Two recent public announcements here illustrate the state GOP’s health-care philosophy, which is to protect the profits of insurance companies at whatever cost to patients.
First, it was announced that Republican Gov. Mary Fallin, at the request of Republican Oklahoma Insurance Commissioner John Doak, signed a new rule that eliminates birth as a qualifying event for health insurance, which means some parents could conceivably be faced with huge hospital costs if their newborn baby has severe medical problems. The reason given for the rule is that it would encourage more insurance companies to offer policies in Oklahoma. This, so goes the doublespeak, could actually mean more children overall would be covered. Thus, some children won’t be covered so other children will be covered only to ensure insurance companies’ profits.
Second, the federal government announced on Wednesday it has rejected Oklahoma’s request to exempt the state from a federal rule, the Medical Loss Ratio, under the Affordable Care Act. It requires some insurance companies to apply 80 cents of every dollar they earn on actual health care or pay rebates to customers. According to media reports, Doak wanted the rule to be implemented gradually through the next few years to prevent what he sees as a disruption of the market, or, in other words, to make it a financially easier for insurance companies. The Feds said no.

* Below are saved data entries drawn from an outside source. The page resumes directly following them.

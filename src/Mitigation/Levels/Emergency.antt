-- ===== src/Mitigation/Levels/Emergency.antt =====
-- Bounds of a grade, and what an emergency adds to it (src/control_plane/main.go,
-- startAutoMitigation).
use shield_core.Prelude.{
  ◌^◌, ℕ, ◌≤◌, ◌<◌, ◌*◌, ◌≡◌, ◌⊎◌, inl, inr, Bool, true, false, ltb, arith, sym, Bool-cases,
}
use shield_core.Float.{Float64, IsOrdered}
use shield_core.Mitigation.Levels.{
  Readings, grade, over, over_pct, level_cpu, level_ram, level_queue, level_map, level_ring,
  raise_to, max_level, graded, is_emergency, assess,
}
use shield_core.Mitigation.Levels.Order.{Follows, NoWorse, flt-AtMost, flt-lit, graded_mono}

raise_to-le : (n a b : ℕ) → a ≤ n → b ≤ n → raise_to a b ≤ n
unfolding raise_to
raise_to-le n a b h k = ground arith

raise_to-ge : (a b : ℕ) → (a ≤ raise_to a b) × (b ≤ raise_to a b)
unfolding raise_to
raise_to-ge a b = ground arith

max_level-le : (n a b c d e : ℕ) → a ≤ n → b ≤ n → c ≤ n → d ≤ n → e ≤ n → max_level a b c d e ≤ n
unfolding max_level
max_level-le n a b c d e ha hb hc hd he =
    raise_to-le n _ e (raise_to-le n _ d (raise_to-le n _ c (raise_to-le n a b ha hb) hc) hd) he

max_level-ge :
    (a b c d e : ℕ)
    → (a ≤ max_level a b c d e)
      × (b ≤ max_level a b c d e)
      × (c ≤ max_level a b c d e)
      × (d ≤ max_level a b c d e)
      × (e ≤ max_level a b c d e)
unfolding max_level
max_level-ge a b c d e =
    let p = raise_to-ge a b in
    let q = raise_to-ge (raise_to a b) c in
    let r = raise_to-ge (raise_to (raise_to a b) c) d in
    let s = raise_to-ge (raise_to (raise_to (raise_to a b) c) d) e in
    (omega arith, omega arith, omega arith, omega arith, omega arith)

grade-le : (a b c d : Bool) → grade a b c d ≤ 4
grade-le a b c d = ground arith

module _ (F : Float64) where
  graded-le : (r : Readings F) → graded F r ≤ 4
  unfolding graded level_cpu level_ram level_queue level_map level_ring
  graded-le r =
      max_level-le 4 (level_cpu F r.cpu_percent) (level_ram F r.ram_percent)
        (level_queue F r.queue_drop_ratio) (level_map F r.max_map_usage) (level_ring r.max_ring_pct)
        (grade-le _ _ _ _) (grade-le _ _ _ _) (grade-le _ _ _ _) (grade-le _ _ _ _)
        (grade-le _ _ _ _)

  pub target_level-le : (r : Readings F) → (assess F r).target_level ≤ 4
  unfolding assess
  target_level-le r = elim (Bool-cases (is_emergency F r)) [
    | inl e ↦ rw e (omega arith)
    | inr n ↦ rw n (graded-le r)
  ]

grade_over : (a b c d : Bool) → a ≡ true → grade a b c d ≡ 4
grade_over a b c d h = ground arith

level_ring_over : (x : ℕ) → ltb 98 x ≡ true → level_ring x ≡ 4
unfolding level_ring
level_ring_over x h = ground arith

module _ (F : Float64) (O : IsOrdered F) where
  ladder_over :
      (n n4 n3 n2 n1 d : ℕ) (x : F.Carrier)
      → 0 < d
      → n4 * d < n * d
      → (n4 < 2 ^ 16) × (d < 2 ^ 16) × (n < 2 ^ 16) × (d < 2 ^ 16)
      → F.flt (F.lit n d) x ≡ true
      → grade
          (F.flt (F.lit n4 d) x)
          (F.flt (F.lit n3 d) x)
          (F.flt (F.lit n2 d) x)
          (F.flt (F.lit n1 d) x)
        ≡ 4
  ladder_over n n4 n3 n2 n1 d x z l b h = grade_over _ _ _ _ (flt-lit F O n4 n d x z l b h)

  level_cpu-over : (x : F.Carrier) → over F x 98 ≡ true → level_cpu F x ≡ 4
  unfolding level_cpu
  level_cpu-over x h = ladder_over 98 95 90 80 60 1 x (omega arith) (omega arith) (omega arith) h

  level_ram-over : (x : F.Carrier) → over F x 98 ≡ true → level_ram F x ≡ 4
  unfolding level_ram
  level_ram-over x h = ladder_over 98 95 92 85 70 1 x (omega arith) (omega arith) (omega arith) h

  level_map-over : (x : F.Carrier) → over F x 99 ≡ true → level_map F x ≡ 4
  unfolding level_map
  level_map-over x h = ladder_over 99 95 90 80 60 1 x (omega arith) (omega arith) (omega arith) h

  level_queue_over : (x : F.Carrier) → over_pct F x 50 ≡ true → level_queue F x ≡ 4
  unfolding level_queue
  level_queue_over x h = ladder_over 50 10 5 3 1 100 x (omega arith) (omega arith) (omega arith) h

  -- An emergency reading already grades to level 4.
  emergency-graded : (r : Readings F) → is_emergency F r ≡ true → graded F r ≡ 4
  unfolding is_emergency graded
  emergency-graded r h =
      let ge =
        max_level-ge (level_cpu F r.cpu_percent) (level_ram F r.ram_percent)
          (level_queue F r.queue_drop_ratio) (level_map F r.max_map_usage)
          (level_ring r.max_ring_pct) in
      let le = graded-le F r in
      ground (
        arith,
        level_cpu-over r.cpu_percent,
        level_ram-over r.ram_percent,
        level_map-over r.max_map_usage,
        level_queue_over r.queue_drop_ratio,
        level_ring_over r.max_ring_pct,
      )

  emergency_mono :
      (r s : Readings F) → NoWorse F O r s → Follows (is_emergency F r) (is_emergency F s)
  unfolding is_emergency
  emergency_mono r s h e = ground (
    arith,
    flt-AtMost F O (F.lit 98 1) r.cpu_percent s.cpu_percent h.cpu,
    flt-AtMost F O (F.lit 98 1) r.ram_percent s.ram_percent h.ram,
    flt-AtMost F O (F.lit 99 1) r.max_map_usage s.max_map_usage h.maps,
    flt-AtMost F O (F.lit 50 100) r.queue_drop_ratio s.queue_drop_ratio h.queue,
  )

  -- The target level of a reading is its grade: forcing level 4 in an emergency changes nothing.
  target_level-eq-graded : (r : Readings F) → (assess F r).target_level ≡ graded F r
  unfolding assess
  target_level-eq-graded r = elim (Bool-cases (is_emergency F r)) [
    | inl e ↦ rw e (sym (emergency-graded r e))
    | inr n ↦ rw n
  ]

  emergency-assess : (r : Readings F) → (assess F r).emergency ≡ is_emergency F r
  unfolding assess
  emergency-assess r = ground arith

  -- Readings that are nowhere lower give no lower target, and an emergency stays one.
  pub assess_mono :
      (r s : Readings F)
      → NoWorse F O r s
      → ((assess F r).target_level ≤ (assess F s).target_level)
        × (((assess F r).emergency ≡ false) ⊎ ((assess F s).emergency ≡ true))
  assess_mono r s h = (
    rw (target_level-eq-graded r, target_level-eq-graded s) (graded_mono F O r s h),
    rw (emergency-assess r, emergency-assess s) (ground (arith, emergency_mono r s h)),
  )
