-- ===== src/Mitigation/Hysteresis/Valid.antt =====
-- What holds of the machine between two cycles, and the level changes that it can make
-- (src/control_plane/main.go, startAutoMitigation).
use shield_core.Prelude.{ℕ, ◌≤◌, ◌<◌, ◌≡◌, true, List, [], ◌∷◌, All, arith}
use shield_core.Mitigation.Levels.{Assessment}
use shield_core.Mitigation.Hysteresis.{Fsm, initial, fsm_step, fsm_run}

-- What `assess` hands over: a target of at most 4, and 4 in an emergency.
pub record IsAssessed (a : Assessment) : Type 0 where
  pub capped : a.target_level ≤ 4
  pub forced : a.emergency ≡ true → a.target_level ≡ 4

pub record IsValid (s : Fsm) : Type 0 where
  pub level_capped : s.current_level ≤ 5
  pub normal_free : s.current_level ≡ 0 → s.level_hold_time ≡ 0
  pub hold_capped : s.current_level ≤ 4 → s.level_hold_time ≤ 30
  pub recovery_capped : s.level_hold_time ≤ 60

pub initial-IsValid : IsValid initial
unfolding initial
initial-IsValid = omega arith

pub fsm_step-IsValid :
    (s : Fsm) (a : Assessment) → IsAssessed a → IsValid s → IsValid (fsm_step s a)
unfolding fsm_step
fsm_step-IsValid s a ha hs = ground arith

pub fsm_run-IsValid :
    (s : Fsm) (l : List Assessment) → All IsAssessed l → IsValid s → IsValid (fsm_run s l)
unfolding fsm_run
fsm_run-IsValid s [] h v = v
fsm_run-IsValid s (a ∷ l) h v = fsm_run-IsValid (fsm_step s a) l h.1 (fsm_step-IsValid s a h.0 v)

-- The level changes that one cycle can make.
pub data Change (l m : ℕ) : Type 0 where
  stay : m ≡ l → Change l m
  rise : l < m → m ≤ 4 → Change l m
  ease : 0 < m → m < l → l ≤ 4 → Change l m
  recover : 0 < l → l ≤ 4 → m ≡ 5 → Change l m
  relapse : l ≡ 5 → m ≡ 4 → Change l m
  resume : l ≡ 5 → m ≡ 0 → Change l m

pub fsm_step-Change :
    (s : Fsm) (a : Assessment)
    → IsAssessed a
    → IsValid s
    → Change s.current_level (fsm_step s a).current_level
unfolding fsm_step
fsm_step-Change s a ha hs = grind (arith, stay, rise, ease, recover, relapse, resume)
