-- ===== src/Ptp/Answer.antt =====
-- What `canon_r5_ptp_command` puts on the wire, and what it makes of the camera's answer.
use canon_r.Prelude.{
  ℕ, ◌+◌, ◌*◌, ◌^◌, ◌≤◌, ◌<◌, ◌≡◌, ◌≢◌, refl, ◌∙◌, ◌⊎◌, true, false, List, ◌++◌, map, none, some,
  length, take, arith, ◌==◌, length-append, ℤ, pos, success, eio, eproto, M, done, valid,
  le→not-ltb, if◌then◌else◌,
}
use canon_r.Wire.{
  Byte, PtpContainer, build_ptp_container, header, encode, container_command, container_response,
  sizeof_container,
}
use canon_r.Wire.RoundTrip.{
  header_bytes, decode-header, length-header, take-encode, wire_params, length-encode-build,
  length-build,
}
use canon_r.Device.{Core, set_ptp}
use canon_r.Ptp.Command.{command-started}
use canon_r.Ptp.{
  TransportOps, send_with, receive_with, transport_send, transport_receive, send_data_phase,
  check_response, transact, ptp_command, next_transaction, op_open_session, rc_ok,
}

-- The bytes of a command, as the camera gets them: its length, the type of a command, its code and
-- the transaction, and the parameters.
abbrev pub wire_command : ℕ → ℕ → List ℕ → List Byte
wire_command code trans_id ps =
    map some (header_bytes (12 + length ps * 4) 1 code trans_id) ++ map some (wire_params ps)

module _ {E : Type 0} where
  pub check-header :
      (resp : PtpContainer) (rest : List ℕ) (trans_id : ℕ) (c : Core E)
      → resp.type ≡ container_response
      → resp.code < 2 ^ 16
      → resp.trans_id ≡ trans_id
      → trans_id < 2 ^ 32
      → check_response trans_id (header resp ++ rest) c
        ≡ done
            (if resp.code == rc_ok then success else eio, some resp.code)
            (set_ptp (record (c.dev.ptp) { lock = false }) c)
  unfolding check_response
  check-header resp rest trans_id c ht hc hi hw =
      let read = decode-header resp rest (omega arith) hc (omega arith) in
      ground (arith, read.0, read.1, read.2, length-append (header resp) rest, length-header resp)

  check-mismatch :
      (resp : PtpContainer) (rest : List ℕ) (trans_id : ℕ) (c : Core E)
      → resp.type < 2 ^ 16
      → resp.code < 2 ^ 16
      → resp.trans_id < 2 ^ 32
      → resp.trans_id ≢ trans_id
      → check_response trans_id (header resp ++ rest) c
        ≡ done (eproto, none) (set_ptp (record (c.dev.ptp) { lock = false }) c)
  unfolding check_response
  check-mismatch resp rest trans_id c ht hc hi hw =
      let read = decode-header resp rest ht hc hi in
      ground (arith, read.0, read.1, read.2, length-append (header resp) rest, length-header resp)

module _ {E : Type 0} (ops : TransportOps E) where
  -- A send through a registered transport with an operation is that operation on the prefix.
  pub transport_send-some :
      (f : List Byte → M E ℤ) (object : List Byte) (len : ℕ) (c : Core E) {ret : ℤ} {e : E}
      → c.dev.transport_ops ≡ valid
      → ops.bulk_send ≡ some f
      → len ≤ length object
      → f (take len object) c.env ≡ done ret e
      → transport_send ops object len c ≡ done ret (record c { env = e })
  unfolding transport_send send_with
  transport_send-some f object len c hv hf hl h = ground (arith, le→not-ltb (length object) len hl)

  pub transport_receive-some :
      (f : ℕ → M E (ℤ × List ℕ)) (len : ℕ) (c : Core E) {r : ℤ × List ℕ} {e : E}
      → c.dev.transport_ops ≡ valid
      → ops.bulk_receive ≡ some f
      → f len c.env ≡ done r e
      → length r.1 ≤ len
      → transport_receive ops len c ≡ done r (record c { env = e })
  unfolding transport_receive receive_with
  transport_receive-some f len c {r = r} hv hf h hl = ground (arith, le→not-ltb len (length r.1) hl)

  -- The transaction without a data phase, between a send and a receive that work.
  transact-exchange :
      (send : List Byte → M E ℤ) (receive : ℕ → M E (ℤ × List ℕ)) (code trans_id : ℕ) (ps : List ℕ)
      (resp : List ℕ) (c : Core E) (e1 e2 : E)
      → c.dev.transport_ops ≡ valid
      → ops.bulk_send ≡ some send
      → ops.bulk_receive ≡ some receive
      → length ps ≤ 5
      → send (wire_command code trans_id ps) c.env ≡ done success e1
      → receive sizeof_container e1 ≡ done (success, resp) e2
      → length resp ≤ sizeof_container
      → transact ops code trans_id ps none (pos 0) c
        ≡ check_response trans_id resp (record c { env = e2 })
  unfolding transact send_data_phase
  transact-exchange send receive code trans_id ps resp c e1 e2 hv hs hr hp h1 h2 hl =
      let cmd = build_ptp_container container_command code trans_id ps in
      let sent : transport_send ops (encode cmd) cmd.length c
          ≡ done success (record c { env = e1 }) =
        transport_send-some send (encode cmd) cmd.length c hv hs
          (omega (
            arith,
            length-encode-build container_command code trans_id ps,
            length-build container_command code trans_id ps hp,
          ))
          (rw (take-encode container_command code trans_id ps hp) h1) in
      let got : transport_receive ops sizeof_container (record c { env = e1 })
          ≡ done (success, resp) (record c { env = e2 }) =
        transport_receive-some receive sizeof_container (record c { env = e1 }) hv hr h2 hl in
      ground (arith, sent, got)

  -- On a device with a free mutex and a registered transport, a command that may go out, with
  -- at most five parameters and no data phase, between a send and a receive that work: exactly
  -- the header and the parameters go out; an answer of type response to this transaction gives
  -- the camera's response code, with status 0 if it is PTP_RC_OK and -EIO if not; and of the
  -- device only the transaction counter has moved.
  pub ptp_command-answer :
      (send : List Byte → M E ℤ) (receive : ℕ → M E (ℤ × List ℕ)) (code : ℕ) (ps : List ℕ)
      (resp : PtpContainer) (rest : List ℕ) (c : Core E) (e1 e2 : E)
      → c.dev.ptp.lock ≡ false
      → (c.dev.ptp.session_open ≡ true) ⊎ ((code == op_open_session) ≡ true)
      → c.dev.transport_ops ≡ valid
      → ops.bulk_send ≡ some send
      → ops.bulk_receive ≡ some receive
      → length ps ≤ 5
      → send (wire_command code c.dev.ptp.transaction_id ps) c.env ≡ done success e1
      → receive sizeof_container e1 ≡ done (success, header resp ++ rest) e2
      → length rest ≤ 20
      → resp.type ≡ container_response
      → resp.code < 2 ^ 16
      → resp.trans_id ≡ c.dev.ptp.transaction_id
      → c.dev.ptp.transaction_id < 2 ^ 32
      → ptp_command ops valid code ps none (pos 0) valid c
        ≡ done
            (if resp.code == rc_ok then success else eio, some resp.code)
            (record (next_transaction c) { env = e2 })
  ptp_command-answer send receive code ps resp rest c e1 e2 hl ha hv hs hr hp h1 h2 hn ht hc hi hw =
      command-started ops c code ps none (pos 0) hl ha
      ∙ transact-exchange send receive code c.dev.ptp.transaction_id ps (header resp ++ rest) _ e1
          e2 hv hs hr hp h1 h2 (omega (arith, length-append (header resp) rest, length-header resp))
      ∙ check-header resp rest c.dev.ptp.transaction_id _ ht hc hi hw
      ∙ rw (← hl) refl

  -- Under the same conditions, an answer to another transaction is refused with -EPROTO, and
  -- its code is not handed on. Of the device only the transaction counter has moved.
  pub ptp_command-mismatch :
      (send : List Byte → M E ℤ) (receive : ℕ → M E (ℤ × List ℕ)) (code : ℕ) (ps : List ℕ)
      (resp : PtpContainer) (rest : List ℕ) (c : Core E) (e1 e2 : E)
      → c.dev.ptp.lock ≡ false
      → (c.dev.ptp.session_open ≡ true) ⊎ ((code == op_open_session) ≡ true)
      → c.dev.transport_ops ≡ valid
      → ops.bulk_send ≡ some send
      → ops.bulk_receive ≡ some receive
      → length ps ≤ 5
      → send (wire_command code c.dev.ptp.transaction_id ps) c.env ≡ done success e1
      → receive sizeof_container e1 ≡ done (success, header resp ++ rest) e2
      → length rest ≤ 20
      → resp.type < 2 ^ 16
      → resp.code < 2 ^ 16
      → resp.trans_id < 2 ^ 32
      → resp.trans_id ≢ c.dev.ptp.transaction_id
      → ptp_command ops valid code ps none (pos 0) valid c
        ≡ done (eproto, none) (record (next_transaction c) { env = e2 })
  ptp_command-mismatch send receive code ps resp rest c e1 e2 hl ha hv hs hr hp h1 h2 hn ht hc hi
        hw =
      command-started ops c code ps none (pos 0) hl ha
      ∙ transact-exchange send receive code c.dev.ptp.transaction_id ps (header resp ++ rest) _ e1
          e2 hv hs hr hp h1 h2 (omega (arith, length-append (header resp) rest, length-header resp))
      ∙ check-mismatch resp rest c.dev.ptp.transaction_id _ ht hc hi hw
      ∙ rw (← hl) refl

Here’s Fallin’s telling take on the recent issue, according to the Tulsa World:
The (Medical Loss Ratio) requirements in the law are particularly harmful to private insurers and may ultimately raise insurance costs for consumers, reduce access to care and destroy private-sector jobs.
I am frustrated that President Obama continues to reject efforts by states to lessen the impact of harmful and burdensome federal regulations, and I remain hopeful that the president’s health-care plan can either be repealed or struck down on the federal level.
Note the “harmful to private insurers” remark comes first before she mentions “consumers.” What about patients? What about Oklahomans who pay exorbitant amounts of money for lousy insurance coverage so companies can earn more profits? Does Fallin care about them? Does she really believe her party’s free-market-at-any-cost philosophy about medical care will result in a better system? It hasn’t so far. The U.S. ranks extremely low in medical outcomes and highest in costs when compared to other industrialized countries. Oklahoma, in particular, has poor medical outcomes.
In a direct challenge, the U.S. Department of Health and Human Services argued the new rule lowers health insurance costs for people and that has already been proven true in states where companies have adopted the 80-20 rule.
There’s not much Fallin and the GOP can do about the Affordable Care Act but hope the U.S. Supreme Court rules it unconstitutional or that the country elects a Republican president in November and also elects GOP majorities in both the House and Senate. Meanwhile, Oklahoma officials should abide by the new rules. The old rules didn’t work. Give the new rules a chance. Let’s see what happens.